***** STORED DATA *****

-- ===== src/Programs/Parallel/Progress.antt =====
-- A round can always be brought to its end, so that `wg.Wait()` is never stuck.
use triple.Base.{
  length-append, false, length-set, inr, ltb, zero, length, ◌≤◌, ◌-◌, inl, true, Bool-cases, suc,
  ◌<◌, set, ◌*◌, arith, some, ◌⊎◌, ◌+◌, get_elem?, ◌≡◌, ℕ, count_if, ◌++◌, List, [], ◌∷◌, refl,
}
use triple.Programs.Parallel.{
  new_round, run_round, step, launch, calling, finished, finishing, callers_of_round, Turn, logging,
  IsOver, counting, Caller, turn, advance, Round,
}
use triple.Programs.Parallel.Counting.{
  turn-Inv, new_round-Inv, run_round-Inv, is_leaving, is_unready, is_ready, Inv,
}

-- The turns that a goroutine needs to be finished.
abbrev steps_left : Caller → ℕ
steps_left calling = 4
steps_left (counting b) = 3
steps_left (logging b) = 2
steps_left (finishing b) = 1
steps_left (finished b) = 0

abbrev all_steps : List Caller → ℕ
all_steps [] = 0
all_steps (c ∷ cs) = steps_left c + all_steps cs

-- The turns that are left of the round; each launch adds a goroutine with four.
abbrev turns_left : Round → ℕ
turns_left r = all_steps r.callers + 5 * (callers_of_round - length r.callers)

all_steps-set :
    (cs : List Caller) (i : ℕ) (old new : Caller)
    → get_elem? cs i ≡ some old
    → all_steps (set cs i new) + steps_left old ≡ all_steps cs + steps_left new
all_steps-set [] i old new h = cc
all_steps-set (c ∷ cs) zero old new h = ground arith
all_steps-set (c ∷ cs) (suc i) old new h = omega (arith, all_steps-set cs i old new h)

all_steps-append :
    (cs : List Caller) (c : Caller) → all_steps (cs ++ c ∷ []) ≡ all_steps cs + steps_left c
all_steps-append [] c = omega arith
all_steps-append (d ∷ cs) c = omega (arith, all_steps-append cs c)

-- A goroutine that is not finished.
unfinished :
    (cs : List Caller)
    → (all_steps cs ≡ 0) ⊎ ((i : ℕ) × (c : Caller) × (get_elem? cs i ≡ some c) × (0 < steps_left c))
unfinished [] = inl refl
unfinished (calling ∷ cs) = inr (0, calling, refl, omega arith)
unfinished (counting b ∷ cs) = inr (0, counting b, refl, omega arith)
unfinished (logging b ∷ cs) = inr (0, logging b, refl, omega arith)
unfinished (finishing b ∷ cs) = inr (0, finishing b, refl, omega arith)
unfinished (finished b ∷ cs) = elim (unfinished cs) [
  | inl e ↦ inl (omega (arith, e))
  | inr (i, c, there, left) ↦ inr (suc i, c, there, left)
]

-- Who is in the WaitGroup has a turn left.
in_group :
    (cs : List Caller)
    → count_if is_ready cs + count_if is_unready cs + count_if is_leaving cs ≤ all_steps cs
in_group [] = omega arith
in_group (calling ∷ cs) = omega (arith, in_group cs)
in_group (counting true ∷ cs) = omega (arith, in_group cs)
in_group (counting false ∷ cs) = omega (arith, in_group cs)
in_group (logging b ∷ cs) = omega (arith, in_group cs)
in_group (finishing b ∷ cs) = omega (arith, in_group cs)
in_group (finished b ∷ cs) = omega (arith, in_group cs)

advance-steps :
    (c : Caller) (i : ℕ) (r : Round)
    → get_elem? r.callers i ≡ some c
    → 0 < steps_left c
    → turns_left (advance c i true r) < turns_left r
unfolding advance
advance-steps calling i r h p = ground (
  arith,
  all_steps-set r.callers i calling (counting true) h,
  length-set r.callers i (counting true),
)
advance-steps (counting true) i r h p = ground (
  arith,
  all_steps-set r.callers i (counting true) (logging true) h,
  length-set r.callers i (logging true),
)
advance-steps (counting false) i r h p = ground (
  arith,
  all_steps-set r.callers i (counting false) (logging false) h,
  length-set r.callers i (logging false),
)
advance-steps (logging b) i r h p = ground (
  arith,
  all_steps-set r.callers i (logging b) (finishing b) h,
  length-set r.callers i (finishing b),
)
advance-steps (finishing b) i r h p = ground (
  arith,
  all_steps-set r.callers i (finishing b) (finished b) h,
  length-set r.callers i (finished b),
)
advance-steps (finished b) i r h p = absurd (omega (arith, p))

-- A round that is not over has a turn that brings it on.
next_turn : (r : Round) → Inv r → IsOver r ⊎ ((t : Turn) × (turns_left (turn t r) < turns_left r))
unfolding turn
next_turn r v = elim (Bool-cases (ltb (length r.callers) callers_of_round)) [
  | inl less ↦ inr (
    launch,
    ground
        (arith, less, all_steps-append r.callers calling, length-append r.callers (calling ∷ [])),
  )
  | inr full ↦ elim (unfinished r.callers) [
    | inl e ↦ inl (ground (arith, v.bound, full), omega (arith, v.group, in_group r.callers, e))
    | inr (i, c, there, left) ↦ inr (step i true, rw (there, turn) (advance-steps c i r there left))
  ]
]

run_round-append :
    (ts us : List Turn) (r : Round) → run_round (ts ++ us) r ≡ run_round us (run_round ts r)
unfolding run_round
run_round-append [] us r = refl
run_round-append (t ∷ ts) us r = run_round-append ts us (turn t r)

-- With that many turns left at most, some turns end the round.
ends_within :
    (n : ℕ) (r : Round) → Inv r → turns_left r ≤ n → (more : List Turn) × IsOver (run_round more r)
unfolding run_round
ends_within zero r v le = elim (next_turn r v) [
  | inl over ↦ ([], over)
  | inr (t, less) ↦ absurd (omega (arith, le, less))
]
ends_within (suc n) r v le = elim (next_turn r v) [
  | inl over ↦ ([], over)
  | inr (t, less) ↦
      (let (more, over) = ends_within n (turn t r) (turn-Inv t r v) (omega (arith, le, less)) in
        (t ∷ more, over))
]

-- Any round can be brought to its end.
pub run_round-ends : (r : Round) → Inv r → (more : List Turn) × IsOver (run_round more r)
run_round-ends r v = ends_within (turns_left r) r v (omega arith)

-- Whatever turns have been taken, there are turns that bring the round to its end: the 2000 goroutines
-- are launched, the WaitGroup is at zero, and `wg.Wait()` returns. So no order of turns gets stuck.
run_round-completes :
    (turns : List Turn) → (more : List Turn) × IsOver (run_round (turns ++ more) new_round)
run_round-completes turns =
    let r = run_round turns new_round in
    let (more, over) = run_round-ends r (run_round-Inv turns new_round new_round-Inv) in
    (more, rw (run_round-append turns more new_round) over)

*****

EXERCISE AIM |
The answer should be nothing but the number of lines above that contain "append".

PROBLEM SOLUTION |
9